▶ PROBLEM DETAILS
Which lines of the entries below hold the word "after"? Report each of them.
####################
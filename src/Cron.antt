-- ===== src/Cron.antt =====
-- src/padrino/core/scheduling/__init__.py: cron expressions. `split_blanks`, `is_digit` and `int` are
-- `str.split()`, `str.isdigit` and `int` of texts. A moment is a number of whole minutes, and the
-- calendar reads its fields as `datetime` does.
pub mod Fields
pub mod Firings
use Prim.Native.Char.{Char, code}
use padrino.Base.{
  ℕ, zero, suc, ◌+◌, ◌-◌, ◌*◌, ◌%◌, Bool, true, false, ◌&&◌, ◌||◌, not, List, [], ◌∷◌, ◌++◌, map,
  filter, range_from, String, ◌==◌, string_eq, nat_eq, mem, ltb, ◌=ℕ=◌, if◌then◌else◌, Result, ok,
  err, ◌>>=◌,
}

-- The `ValueError`s.
pub data CronError : Type 0 where
  empty_component : CronError
  invalid_step : (chunk : String) → CronError
  non_numeric : (token : String) → CronError
  out_of_range : (chunk : String) (lo hi : ℕ) → CronError
  wrong_field_count : CronError
  no_firing : CronError

-- `_MAX_MINUTES_AHEAD`
abbrev pub max_minutes_ahead : ℕ
max_minutes_ahead = 9 * 366 * 24 * 60

pub record CronField : Type 0 where
  pub values : List ℕ
  pub wildcard : Bool

pub record CronSpec : Type 0 where
  pub minute : CronField
  pub hour : CronField
  pub dom : CronField
  pub month : CronField
  pub dow : CronField

-- `c` before the first part.
abbrev push : Char → List String → List String
push c [] = String.◌∷◌ c "" ∷ []
push c (part ∷ parts) = String.◌∷◌ c part ∷ parts

-- `s.split(sep)` for a separator of one character, by its code.
unfoldable pub split_on : ℕ → String → List String
split_on sep String.[] = "" ∷ []
split_on sep (String.◌∷◌ c s) =
    let rest = split_on sep s in if code c =ℕ= sep then "" ∷ rest else push c rest

-- `s.partition(sep)`: before, whether it is there, after.
unfoldable pub partition : ℕ → String → String × Bool × String
partition sep String.[] = ("", false, "")
partition sep (String.◌∷◌ c s) =
    let (before, found, after) = partition sep s in
    if code c =ℕ= sep then ("", true, s) else (String.◌∷◌ c before, found, after)

module _ (split_blanks : String → List String) (is_digit : String → Bool) (int : String → ℕ) where
  unfoldable pub as_int : String → Result CronError ℕ
  as_int token = if not (is_digit token) then err (non_numeric token) else ok (int token)

  unfoldable pub step_of : String → Bool → String → Result CronError ℕ
  step_of chunk stepped step_s =
      if stepped
      then (if not (is_digit step_s) || int step_s =ℕ= 0
          then err (invalid_step chunk)
          else ok (int step_s))
      else ok 1

  -- The first and the last value of a component.
  unfoldable pub ends_of : ℕ → ℕ → String → Result CronError (ℕ × ℕ)
  unfolding as_int partition
  ends_of lo hi body =
      let (start_s, dashed, end_s) = partition 45 body in
      if body == "*"
      then ok (lo, hi)
      else if dashed
      then (as_int start_s >>= λ start. as_int end_s >>= λ end. ok (start, end))
      else (as_int body >>= λ start. ok (start, start))

  -- `v for v in range(start, end + 1) if (v - start) % step == 0`
  unfoldable pub stepped_range : ℕ → ℕ → ℕ → List ℕ
  unfolding range_from
  stepped_range start end step =
      filter (λ v. (v - start) % step =ℕ= 0) (range_from start (suc end - start))

  unfoldable pub parse_chunk : ℕ → ℕ → String → Result CronError (List ℕ)
  unfolding partition step_of ends_of stepped_range
  parse_chunk lo hi chunk =
      let (body, stepped, step_s) = partition 47 chunk in
      if chunk == ""
      then err empty_component
      else (step_of chunk stepped step_s >>= λ step. ends_of lo hi body >>= λ ends.
          if ltb (ends.0) lo || ltb hi (ends.1) || ltb (ends.1) (ends.0)
          then err (out_of_range chunk lo hi)
          else ok (stepped_range (ends.0) (ends.1) step))

  -- The loop of `_parse_field`.
  unfoldable pub parse_chunks : ℕ → ℕ → List String → Result CronError (List ℕ)
  unfolding parse_chunk
  parse_chunks lo hi [] = ok []
  parse_chunks lo hi (chunk ∷ chunks) = parse_chunk lo hi chunk >>= λ values.
      parse_chunks lo hi chunks >>= λ rest. ok (values ++ rest)

  unfoldable pub parse_field : String → ℕ → ℕ → Result CronError CronField
  unfolding parse_chunks split_on
  parse_field spec lo hi = parse_chunks lo hi (split_on 44 spec) >>= λ values.
      ok (record { values = values; wildcard = spec == "*" })

  -- `frozenset(0 if v == 7 else v for v in dow_raw.values)`
  abbrev sunday_first : CronField → CronField
  sunday_first dow_raw = record dow_raw {
    values = map (λ v. if v =ℕ= 7 then 0 else v) dow_raw.values;
  }

  unfoldable pub parse_parts : List String → Result CronError CronSpec
  unfolding parse_field
  parse_parts (p0 ∷ p1 ∷ p2 ∷ p3 ∷ p4 ∷ []) = parse_field p0 0 59 >>= λ minute.
      parse_field p1 0 23 >>= λ hour. parse_field p2 1 31 >>= λ dom.
      parse_field p3 1 12 >>= λ month. parse_field p4 0 7 >>= λ dow_raw. ok (record {
        minute = minute;
        hour = hour;
        dom = dom;
        month = month;
        dow = sunday_first dow_raw;
      })
  parse_parts _ = err wrong_field_count

  unfoldable pub parse : String → Result CronError CronSpec
  unfolding parse_parts
  parse cron_expr = parse_parts (split_blanks cron_expr)

-- The fields of a moment that the code reads; `weekday` is 0 on Mondays.
pub record Calendar : Type 0 where
  pub minute : ℕ → ℕ
  pub hour : ℕ → ℕ
  pub day : ℕ → ℕ
  pub month : ℕ → ℕ
  pub weekday : ℕ → ℕ

module _ (calendar : Calendar) where
  unfoldable pub day_matches : CronSpec → ℕ → Bool
  unfolding mem
  day_matches spec moment =
      let cron_dow = (calendar.weekday moment + 1) % 7 in
      let dom_hit = mem (calendar.day moment) spec.dom.values in
      let dow_hit = mem cron_dow spec.dow.values in
      if not spec.dom.wildcard && not spec.dow.wildcard
      then dom_hit || dow_hit
      else if not spec.dom.wildcard
      then dom_hit
      else if not spec.dow.wildcard
      then dow_hit
      else true

  unfoldable pub matches : CronSpec → ℕ → Bool
  unfolding day_matches mem
  matches spec moment =
      mem (calendar.minute moment) spec.minute.values
      && (mem (calendar.hour moment) spec.hour.values
          && (mem (calendar.month moment) spec.month.values && day_matches spec moment))

  -- The loop of `next_run_at`, over as many candidates as are left.
  unfoldable pub search : ℕ → CronSpec → ℕ → Result CronError ℕ
  unfolding matches
  search zero spec candidate = err no_firing
  search (suc left) spec candidate =
      let later = search left spec (suc candidate) in
      if matches spec candidate then ok candidate else later

  -- What `next_run_at` does with the parsed expression, for any horizon.
  unfoldable pub run_within : ℕ → Result CronError CronSpec → ℕ → Result CronError ℕ
  run_within horizon parsed after = parsed >>= λ spec. search horizon spec (suc after)

  -- `after` is a moment with its seconds cut off.
  unfoldable pub next_run_at :
      (String → List String) → (String → Bool) → (String → ℕ) → String → ℕ → Result CronError ℕ
  next_run_at split_blanks is_digit int cron_expr after =
      run_within max_minutes_ahead (parse split_blanks is_digit int cron_expr) after
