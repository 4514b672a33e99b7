-- ===== src/Cron/Fields.antt =====
-- The values that a cron field can hold.
use mathlib.Core.Path.{subst}
use padrino.Base.{
  ℕ, zero, suc, ◌+◌, ◌-◌, ◌≡◌, ◌≤◌, inl, inr, Bool, false, ◌||◌, List, [], ◌∷◌, range_from, String,
  All, All-append, All-filter, ltb, ◌==◌, string_eq, Bool-cases, Result, ok, err, first_step,
  ok-injective, arith,
}
use padrino.Cron.{
  CronField, CronError, stepped_range, step_of, ends_of, parse_chunk, parse_chunks, parse_field,
  split_on, partition, out_of_range, empty_component,
}

abbrev pub IsWithin : ℕ → ℕ → ℕ → Type 0
IsWithin lo hi v = (lo ≤ v) × (v ≤ hi)

range_from-IsWithin :
    (lo hi start n : ℕ)
    → lo ≤ start
    → start + n ≤ suc hi
    → All (IsWithin lo hi) (range_from start n)
unfolding range_from
range_from-IsWithin lo hi start zero h k = tt
range_from-IsWithin lo hi start (suc n) h k =
    ((h, omega arith), range_from-IsWithin lo hi (suc start) n (omega arith) (omega arith))

module _ (split_blanks : String → List String) (is_digit : String → Bool) (int : String → ℕ) where
  stepped_range-IsWithin :
      (lo hi start end step : ℕ)
      → (ltb start lo || ltb hi end || ltb end start) ≡ false
      → All (IsWithin lo hi) (stepped_range split_blanks is_digit int start end step)
  unfolding stepped_range
  stepped_range-IsWithin lo hi start end step h =
      All-filter (IsWithin lo hi) _ (range_from start (suc end - start))
        (range_from-IsWithin lo hi start (suc end - start) (ground (arith, h)) (ground (arith, h)))

  parse_chunk-IsWithin :
      (lo hi : ℕ) (chunk : String) (values : List ℕ)
      → parse_chunk split_blanks is_digit int lo hi chunk ≡ ok values
      → All (IsWithin lo hi) values
  unfolding parse_chunk
  parse_chunk-IsWithin lo hi chunk values h = elim (Bool-cases (chunk == "")) [
    | inl blank ↦
        let no : ◌≡◌ {A = Result CronError (List ℕ)} (err empty_component) (ok values) =
          rw blank at h in
        cc
    | inr written ↦
        let (body, stepped, step_s) = partition 47 chunk in
        let (step, stepping, h') =
          first_step _ (step_of split_blanks is_digit int chunk stepped step_s) values
            (rw written at h) in
        let (ends, found, h'') =
          first_step _ (ends_of split_blanks is_digit int lo hi body) values h' in
        elim (Bool-cases (ltb (ends.0) lo || ltb hi (ends.1) || ltb (ends.1) (ends.0))) [
          | inl outside ↦
              let no : ◌≡◌ {A = Result CronError (List ℕ)} (err (out_of_range chunk lo hi))
                  (ok values) =
                rw outside at h'' in
              cc
          | inr inside ↦
              subst (All (IsWithin lo hi)) (ok-injective (rw inside at h''))
                (stepped_range-IsWithin lo hi (ends.0) (ends.1) step inside)
        ]
  ]

  parse_chunks-IsWithin :
      (lo hi : ℕ) (chunks : List String) (values : List ℕ)
      → parse_chunks split_blanks is_digit int lo hi chunks ≡ ok values
      → All (IsWithin lo hi) values
  unfolding parse_chunks
  parse_chunks-IsWithin lo hi [] values h = subst (All (IsWithin lo hi)) (ok-injective h) tt
  parse_chunks-IsWithin lo hi (chunk ∷ chunks) values h =
      let (vs, parsed, h') =
        first_step _ (parse_chunk split_blanks is_digit int lo hi chunk) values h in
      let (ws, rest, h'') =
        first_step _ (parse_chunks split_blanks is_digit int lo hi chunks) values h' in
      subst (All (IsWithin lo hi)) (ok-injective h'') (
        All-append (IsWithin lo hi) vs ws (parse_chunk-IsWithin lo hi chunk vs parsed)
          (parse_chunks-IsWithin lo hi chunks ws rest))

  -- The values of a field that `parse_field` returns lie within the bounds of the field.
  pub parse_field-IsWithin :
      (spec : String) (lo hi : ℕ) (parsed : CronField)
      → parse_field split_blanks is_digit int spec lo hi ≡ ok parsed
      → All (IsWithin lo hi) parsed.values
  unfolding parse_field
  parse_field-IsWithin spec lo hi parsed h =
      let (values, found, h') =
        first_step _ (parse_chunks split_blanks is_digit int lo hi (split_on 44 spec)) parsed h in
      subst (λ f. All (IsWithin lo hi) f.values) (ok-injective h')
        (parse_chunks-IsWithin lo hi (split_on 44 spec) values found)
####################
▶ OUTPUT BELOW
-- `s.partition(sep)`: before, whether it is there, after.
    let (before, found, after) = partition sep s in
    if code c =ℕ= sep then ("", true, s) else (String.◌∷◌ c before, found, after)
  run_within horizon parsed after = parsed >>= λ spec. search horizon spec (suc after)
  -- `after` is a moment with its seconds cut off.
  next_run_at split_blanks is_digit int cron_expr after =
      run_within max_minutes_ahead (parse split_blanks is_digit int cron_expr) after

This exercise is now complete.